Officials at U.S. Army Garrison Wiesbaden confirmed in a virtual town hall meeting Tuesday that the quarantine period would remain at 14 days, in spite of the German changes.

Personnel making PCS moves to Ramstein Air Base from a high-risk area are also required to quarantine for 14 days, but those over the age of 18 can test out after five days, said a memorandum released last month, which 86th Air Lift Wing spokesman Killian Bluemlein said was still in force.

Those returning to Air Force units in the Kaiserslautern area from temporary duty travel can also test out of quarantine after five days, meaning “on day six or later,” the memorandum says. Personnel and their families returning from unofficial travel or leave will only have the option of being tested after 10 days in quarantine, it said.

Germany is one of several countries in Europe, including Estonia, Italy and the Netherlands, that have reduced quarantine durations from two weeks to 10 days.

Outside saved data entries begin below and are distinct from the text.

-- ===== src/Daemon/Json/Parser/Objects.antt =====
-- An object that is written reads back, where its values do.
use mathlib.Core.List.{append_assoc}
use Prim.Native.Nat.{Ordering}
use led_platform.Prelude.{
  ap, arith, length, length-append, none, subst, sym, zero, ◌∙◌, ◌≤◌, suc, ℕ, Option, [], ok, refl,
  some, ◌++◌, ◌∷◌, ◌≡◌,
}
use led_platform.Daemon.Json.Value.{
  insert, compare_keys, done, field, obj, display_fields, escape, quoted, Chars, Json, display,
  Fields, Bytes,
}
use led_platform.Daemon.Json.Scan.{string, ws, lit}
use led_platform.Daemon.Json.Scan.RoundTrip.{AllScalar, string-escape}
use led_platform.Daemon.Json.Parser.{object, fields_from, read_field, Parse}
use led_platform.Daemon.Json.Parser.Total.{WithinFields, Within}
use led_platform.Daemon.Json.Parser.Written.{
  lit-Opens, ws-Opens, Opens, ProperFields, AllAbove, Ascending, Closed, Proper,
}
use led_platform.Daemon.Json.Parser.Arrays.{ws_reads}

pub field-append :
    (q a b rest : Bytes) → (q ++ (58 ∷ (a ++ b))) ++ rest ≡ q ++ (58 ∷ (a ++ (b ++ rest)))
field-append q a b rest = rw (append_assoc q (58 ∷ (a ++ b)) rest, append_assoc a b rest) refl

module _ {F : Type 0} where
  abbrev join : Fields F → Fields F → Fields F
  join done m = m
  join (field k v n) m = field k v (join n m)

  join-last :
      (n : Fields F) (k : Chars) (v : Json F) (m : Fields F)
      → join (join n (field k v done)) m ≡ join n (field k v m)
  join-last done k v m = refl
  join-last (field k₀ v₀ n) k v m = rw (join-last n k v m) refl

  above-join :
      (n : Fields F) (k₀ k : Chars) (v : Json F) (m : Fields F)
      → AllAbove k₀ (join n (field k v m))
      → compare_keys k k₀ ≡ Ordering.gt
  above-join done k₀ k v m (a, b) = a
  above-join (field k₁ v₁ n) k₀ k v m (a, b) = above-join n k₀ k v m b

  -- A key above all the others goes to the end.
  insert-join :
      (n : Fields F) (k : Chars) (v : Json F) (m : Fields F)
      → Ascending (join n (field k v m))
      → insert k v n ≡ join n (field k v done)
  unfolding insert
  insert-join done k v m a = refl
  insert-join (field k₀ v₀ n) k v m (above, a) =
      rw (above-join n k₀ k v m above, insert-join n k v m a, insert) refl

module _ {F : Type 0} (show_f64 : F → Bytes) (parse_f64 : Bytes → Option F) where
  module _ (d : ℕ) (val : Parse (Json F))
      (reads : (v : Json F) (rest : Bytes)
        → Within d v
        → Proper show_f64 parse_f64 v
        → Closed rest
        → val (display show_f64 v ++ rest) ≡ ok (v, rest)) where
    read_field-step :
        (bs after key_rest rest : Bytes) (k : Chars) (v : Json F)
        → lit (34 ∷ []) (ws bs) ≡ some after
        → string after ≡ ok (k, 58 ∷ key_rest)
        → val (ws key_rest) ≡ ok (v, rest)
        → read_field parse_f64 val bs ≡ ok ((k, v), rest)
    unfolding read_field ws lit
    read_field-step bs after key_rest rest k v q s e =
        rw (q, read_field) (rw (s, read_field) (rw e refl))

    read_field-display :
        (k : Chars) (v : Json F) (rest : Bytes)
        → AllScalar k
        → Within d v
        → Proper show_f64 parse_f64 v
        → Closed rest
        → read_field parse_f64 val (quoted k ++ (58 ∷ (display show_f64 v ++ rest)))
          ≡ ok ((k, v), rest)
    read_field-display k v rest a w p c =
        let after : Bytes = 58 ∷ (display show_f64 v ++ rest) in
        let key : string ((escape k ++ 34 ∷ []) ++ after) ≡ ok (k, after) =
          rw (append_assoc (escape k) (34 ∷ []) after) (string-escape k after a) in
        let quote : lit (34 ∷ []) (ws (quoted k ++ after)) ≡ some ((escape k ++ 34 ∷ []) ++ after) =
          unfold lit in unfold ws in refl in
        read_field-step (quoted k ++ after) _ _ rest k v quote key
          (ws_reads show_f64 parse_f64 d val reads v rest w p c)

    fields_from-last :
        (fuel : ℕ) (m : Fields F) (bs rest : Bytes) (k : Chars) (v : Json F)
        → read_field parse_f64 val bs ≡ ok ((k, v), 125 ∷ rest)
        → fields_from parse_f64 val (suc fuel) m bs ≡ ok (insert k v m, rest)
    unfolding fields_from ws
    fields_from-last fuel m bs rest k v e = rw e refl

    fields_from-next :
        (fuel : ℕ) (m : Fields F) (bs more : Bytes) (k : Chars) (v : Json F)
        → read_field parse_f64 val bs ≡ ok ((k, v), 44 ∷ more)
        → fields_from parse_f64 val (suc fuel) m bs
          ≡ fields_from parse_f64 val fuel (insert k v m) more
    unfolding fields_from ws
    fields_from-next fuel m bs more k v e = rw e refl

    fields_from-display :
        (fuel : ℕ) (n : Fields F) (k : Chars) (v : Json F) (m : Fields F) (rest : Bytes)
        → Ascending (join n (field k v m))
        → WithinFields d (field k v m)
        → ProperFields show_f64 parse_f64 (field k v m)
        → length (display_fields show_f64 m) ≤ fuel
        → fields_from parse_f64 val fuel n
            (quoted k ++ (58 ∷ (display show_f64 v ++ (display_fields show_f64 m ++ rest))))
          ≡ ok (join n (field k v m), rest)
    unfolding display
    fields_from-display zero n k v done rest a w p le = absurd (omega arith)
    fields_from-display zero n k v (field k' v' m) rest a w p le = absurd (omega arith)
    fields_from-display (suc fuel) n k v done rest a (w, x) (scalar, p, y) le =
        fields_from-last fuel n _ rest k v (read_field-display k v (125 ∷ rest) scalar w p refl)
        ∙ ap (λ (m : Fields F). ok (m, rest)) (insert-join n k v done a)
    fields_from-display (suc fuel) n k v (field k' v' m) rest a (w, x) (scalar, p, y) le =
        let body = quoted k' ++ (58 ∷ (display show_f64 v' ++ display_fields show_f64 m)) in
        let shorter : length (display_fields show_f64 m) ≤ fuel = omega (
          arith,
          length-append (quoted k') (58 ∷ (display show_f64 v' ++ display_fields show_f64 m)),
          length-append (display show_f64 v') (display_fields show_f64 m),
        ) in
        let all : Ascending (join (join n (field k v done)) (field k' v' m)) =
          subst (λ (fs : Fields F). Ascending fs) (sym (join-last n k v (field k' v' m))) a in
        let later =
          fields_from-display fuel (join n (field k v done)) k' v' m rest all x y shorter in
        fields_from-next fuel n _ (body ++ rest) k v
          (read_field-display k v (44 ∷ (body ++ rest)) scalar w p refl)
        ∙ ap (λ (acc : Fields F). fields_from parse_f64 val fuel acc (body ++ rest))
            (insert-join n k v (field k' v' m) a)
        ∙ ap (λ (bs : Bytes). fields_from parse_f64 val fuel (join n (field k v done)) bs)
            (field-append (quoted k') (display show_f64 v') (display_fields show_f64 m) rest)
        ∙ later
        ∙ ap (λ (fs : Fields F). ok (fs, rest)) (join-last n k v (field k' v' m))

    object-step :
        (bs rest : Bytes) (m : Fields F)
        → lit (125 ∷ []) (ws bs) ≡ none
        → fields_from parse_f64 val (suc (length bs)) done (ws bs) ≡ ok (m, rest)
        → object parse_f64 val bs ≡ ok (obj m, rest)
    unfolding object
    object-step bs rest m n e = rw (n, object) (rw e refl)

    pub object-display :
        (k : Chars) (v : Json F) (m : Fields F) (rest : Bytes)
        → Ascending (field k v m)
        → WithinFields d (field k v m)
        → ProperFields show_f64 parse_f64 (field k v m)
        → object parse_f64 val
            (quoted k ++ (58 ∷ (display show_f64 v ++ (display_fields show_f64 m ++ rest))))
          ≡ ok (obj (field k v m), rest)
    object-display k v m rest a w p =
        let after = 58 ∷ (display show_f64 v ++ (display_fields show_f64 m ++ rest)) in
        let bs = quoted k ++ after in
        let enough : length (display_fields show_f64 m) ≤ suc (length bs) = omega (
          arith,
          length-append (quoted k) after,
          length-append (display show_f64 v) (display_fields show_f64 m ++ rest),
          length-append (display_fields show_f64 m) rest,
        ) in
        let starts : Opens (quoted k) = (refl, refl, refl) in
        object-step bs rest (field k v m)
          (rw (ws-Opens (quoted k) after starts) (lit-Opens (quoted k) after starts).1)
          (rw (ws-Opens (quoted k) after starts)
            (fields_from-display (suc (length bs)) done k v m rest a w p enough))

The U.S. Centers for Disease Control and Prevention “has not changed its recommendation or guidance on a 14-day quarantine for those exposed to confirmed cases of COVID-19 or who have recently traveled to places with widespread transmission of the virus that causes COVID-19,” CDC spokeswoman Belsie Gonzalez told Stars and Stripes by email.

The quarantine changes in Germany – and the military sticking to the existing guidelines – came as a partial lockdown, which has seen restaurants and bars close except for takeout, and bans on large gatherings and hotel stays for leisure purposes, appeared to be slowing the spread of the virus, which began to resurge in the country and the rest of Europe in September.

Eighteen new cases per 100,000 inhabitants were recorded in Germany over the week ending Tuesday, compared with 37 per 100,000 last week, when the lockdown began, and 99 per 100,000 in the final week of October, Die Zeit newspaper wrote, saying Germany was “flattening the curve.” Germany’s public health agency, the Robert Koch Institute, declined to comment on the analysis, which was based on RKI data.

In contrast, the U.S recorded more than 100,000 new cases of the virus every day for the past week and on Wednesday exceeded 10 million total cases.

Most Americans are still barred from entering Germany, although exceptions are made for residents, including service members, births, weddings, funerals or family emergencies.

The authorities are expected to lift entry restrictions on at least one group of Americans in time for the Christmas holidays.